▶ _PROBLEM TO SOLVE_: Reproduce each line from the records that holds "load".

▶ _ENTRIES PROVIDED_:
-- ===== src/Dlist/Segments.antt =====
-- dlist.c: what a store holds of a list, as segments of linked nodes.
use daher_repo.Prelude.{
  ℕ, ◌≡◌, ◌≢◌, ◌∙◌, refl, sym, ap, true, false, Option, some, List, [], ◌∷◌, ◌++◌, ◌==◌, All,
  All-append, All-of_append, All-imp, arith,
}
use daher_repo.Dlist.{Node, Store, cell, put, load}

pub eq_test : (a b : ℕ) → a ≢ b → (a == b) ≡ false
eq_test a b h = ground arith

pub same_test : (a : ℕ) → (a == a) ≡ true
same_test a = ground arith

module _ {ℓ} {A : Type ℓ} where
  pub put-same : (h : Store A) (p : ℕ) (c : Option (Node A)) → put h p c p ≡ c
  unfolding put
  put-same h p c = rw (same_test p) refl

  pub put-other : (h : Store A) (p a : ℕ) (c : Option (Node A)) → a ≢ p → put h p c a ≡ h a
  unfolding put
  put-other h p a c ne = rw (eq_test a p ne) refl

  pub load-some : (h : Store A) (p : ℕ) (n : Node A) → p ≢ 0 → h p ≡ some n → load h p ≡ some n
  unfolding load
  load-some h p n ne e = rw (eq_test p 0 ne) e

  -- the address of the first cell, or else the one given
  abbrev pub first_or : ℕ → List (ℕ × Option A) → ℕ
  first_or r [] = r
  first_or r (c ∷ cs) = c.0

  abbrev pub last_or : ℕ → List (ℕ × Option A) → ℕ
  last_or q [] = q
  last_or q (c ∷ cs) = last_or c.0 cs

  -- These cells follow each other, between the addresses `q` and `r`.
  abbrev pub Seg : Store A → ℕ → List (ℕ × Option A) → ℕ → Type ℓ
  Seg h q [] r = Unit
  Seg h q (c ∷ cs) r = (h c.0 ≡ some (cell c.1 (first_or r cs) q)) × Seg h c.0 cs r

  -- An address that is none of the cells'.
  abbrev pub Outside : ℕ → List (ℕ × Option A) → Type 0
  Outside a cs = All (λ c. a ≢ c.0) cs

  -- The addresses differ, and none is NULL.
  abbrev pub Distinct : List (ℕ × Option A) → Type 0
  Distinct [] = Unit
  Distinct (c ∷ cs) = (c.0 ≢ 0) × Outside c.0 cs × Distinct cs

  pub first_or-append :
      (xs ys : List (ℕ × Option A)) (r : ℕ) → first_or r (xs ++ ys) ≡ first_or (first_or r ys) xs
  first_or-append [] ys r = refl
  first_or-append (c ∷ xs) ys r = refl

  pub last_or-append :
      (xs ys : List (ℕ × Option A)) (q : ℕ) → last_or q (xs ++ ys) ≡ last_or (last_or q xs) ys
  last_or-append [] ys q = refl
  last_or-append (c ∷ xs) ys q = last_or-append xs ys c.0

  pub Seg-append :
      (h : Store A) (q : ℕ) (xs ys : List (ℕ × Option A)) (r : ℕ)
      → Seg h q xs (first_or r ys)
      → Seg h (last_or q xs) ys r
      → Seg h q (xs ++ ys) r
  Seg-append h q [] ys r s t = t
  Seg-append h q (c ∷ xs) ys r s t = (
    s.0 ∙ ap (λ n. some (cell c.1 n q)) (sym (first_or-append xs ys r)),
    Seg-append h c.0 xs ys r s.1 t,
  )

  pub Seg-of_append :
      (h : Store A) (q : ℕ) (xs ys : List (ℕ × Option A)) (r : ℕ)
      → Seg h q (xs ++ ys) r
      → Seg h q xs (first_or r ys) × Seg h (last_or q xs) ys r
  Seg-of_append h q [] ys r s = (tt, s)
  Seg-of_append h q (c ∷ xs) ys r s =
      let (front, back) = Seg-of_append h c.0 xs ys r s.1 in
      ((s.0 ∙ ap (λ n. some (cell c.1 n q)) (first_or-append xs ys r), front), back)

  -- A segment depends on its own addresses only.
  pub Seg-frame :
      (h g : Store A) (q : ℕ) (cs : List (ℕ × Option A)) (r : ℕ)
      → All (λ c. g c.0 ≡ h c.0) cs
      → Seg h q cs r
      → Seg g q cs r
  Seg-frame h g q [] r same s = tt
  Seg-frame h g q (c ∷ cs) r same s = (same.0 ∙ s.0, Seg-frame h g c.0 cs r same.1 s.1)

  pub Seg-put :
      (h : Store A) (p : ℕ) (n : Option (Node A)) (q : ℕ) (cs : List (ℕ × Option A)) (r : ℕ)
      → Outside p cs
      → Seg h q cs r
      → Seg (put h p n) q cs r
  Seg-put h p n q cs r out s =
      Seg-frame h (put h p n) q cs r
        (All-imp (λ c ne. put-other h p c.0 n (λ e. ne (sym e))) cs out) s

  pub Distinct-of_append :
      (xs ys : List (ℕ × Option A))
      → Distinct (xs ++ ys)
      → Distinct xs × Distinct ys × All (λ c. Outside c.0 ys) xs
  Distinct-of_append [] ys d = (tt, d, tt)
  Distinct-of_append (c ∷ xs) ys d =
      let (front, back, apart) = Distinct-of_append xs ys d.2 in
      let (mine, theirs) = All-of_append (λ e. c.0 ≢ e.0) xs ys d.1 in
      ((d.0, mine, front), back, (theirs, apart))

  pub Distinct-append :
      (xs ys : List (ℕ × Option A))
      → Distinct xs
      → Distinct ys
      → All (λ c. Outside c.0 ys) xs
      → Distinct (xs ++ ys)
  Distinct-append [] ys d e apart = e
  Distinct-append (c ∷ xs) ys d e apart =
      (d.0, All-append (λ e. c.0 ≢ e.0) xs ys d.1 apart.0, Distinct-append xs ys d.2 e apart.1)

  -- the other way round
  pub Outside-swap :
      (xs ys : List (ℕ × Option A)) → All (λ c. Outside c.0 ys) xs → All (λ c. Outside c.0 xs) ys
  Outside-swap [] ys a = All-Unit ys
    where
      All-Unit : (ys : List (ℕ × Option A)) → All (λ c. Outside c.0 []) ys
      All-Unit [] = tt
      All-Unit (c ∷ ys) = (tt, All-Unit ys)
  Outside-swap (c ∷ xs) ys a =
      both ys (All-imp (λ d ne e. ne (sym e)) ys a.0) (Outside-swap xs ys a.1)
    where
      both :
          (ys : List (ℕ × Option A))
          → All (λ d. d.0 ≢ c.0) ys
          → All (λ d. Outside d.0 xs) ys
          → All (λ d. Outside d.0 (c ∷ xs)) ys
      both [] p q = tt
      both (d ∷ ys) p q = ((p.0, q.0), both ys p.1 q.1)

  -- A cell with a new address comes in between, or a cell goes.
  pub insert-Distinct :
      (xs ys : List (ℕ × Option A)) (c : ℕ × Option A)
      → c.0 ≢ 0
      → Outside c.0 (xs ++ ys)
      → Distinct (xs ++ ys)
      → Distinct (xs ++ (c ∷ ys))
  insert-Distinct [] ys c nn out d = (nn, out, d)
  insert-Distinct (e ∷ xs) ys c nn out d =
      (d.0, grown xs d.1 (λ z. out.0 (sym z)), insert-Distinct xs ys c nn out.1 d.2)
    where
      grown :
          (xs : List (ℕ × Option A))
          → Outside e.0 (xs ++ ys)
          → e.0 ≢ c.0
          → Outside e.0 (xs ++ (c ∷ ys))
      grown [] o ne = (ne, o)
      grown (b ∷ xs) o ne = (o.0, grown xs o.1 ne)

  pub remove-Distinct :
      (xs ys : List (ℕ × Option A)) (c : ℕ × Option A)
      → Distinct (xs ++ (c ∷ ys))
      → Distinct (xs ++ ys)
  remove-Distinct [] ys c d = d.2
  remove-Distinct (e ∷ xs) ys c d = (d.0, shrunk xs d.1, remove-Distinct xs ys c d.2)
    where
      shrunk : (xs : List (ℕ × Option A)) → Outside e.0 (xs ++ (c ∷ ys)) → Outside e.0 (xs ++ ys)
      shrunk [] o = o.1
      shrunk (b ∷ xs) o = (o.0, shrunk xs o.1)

▶ _TASK RESPONSE_:
use daher_repo.Dlist.{Node, Store, cell, put, load}
  pub load-some : (h : Store A) (p : ℕ) (n : Node A) → p ≢ 0 → h p ≡ some n → load h p ≡ some n
  unfolding load
  load-some h p n ne e = rw (eq_test p 0 ne) e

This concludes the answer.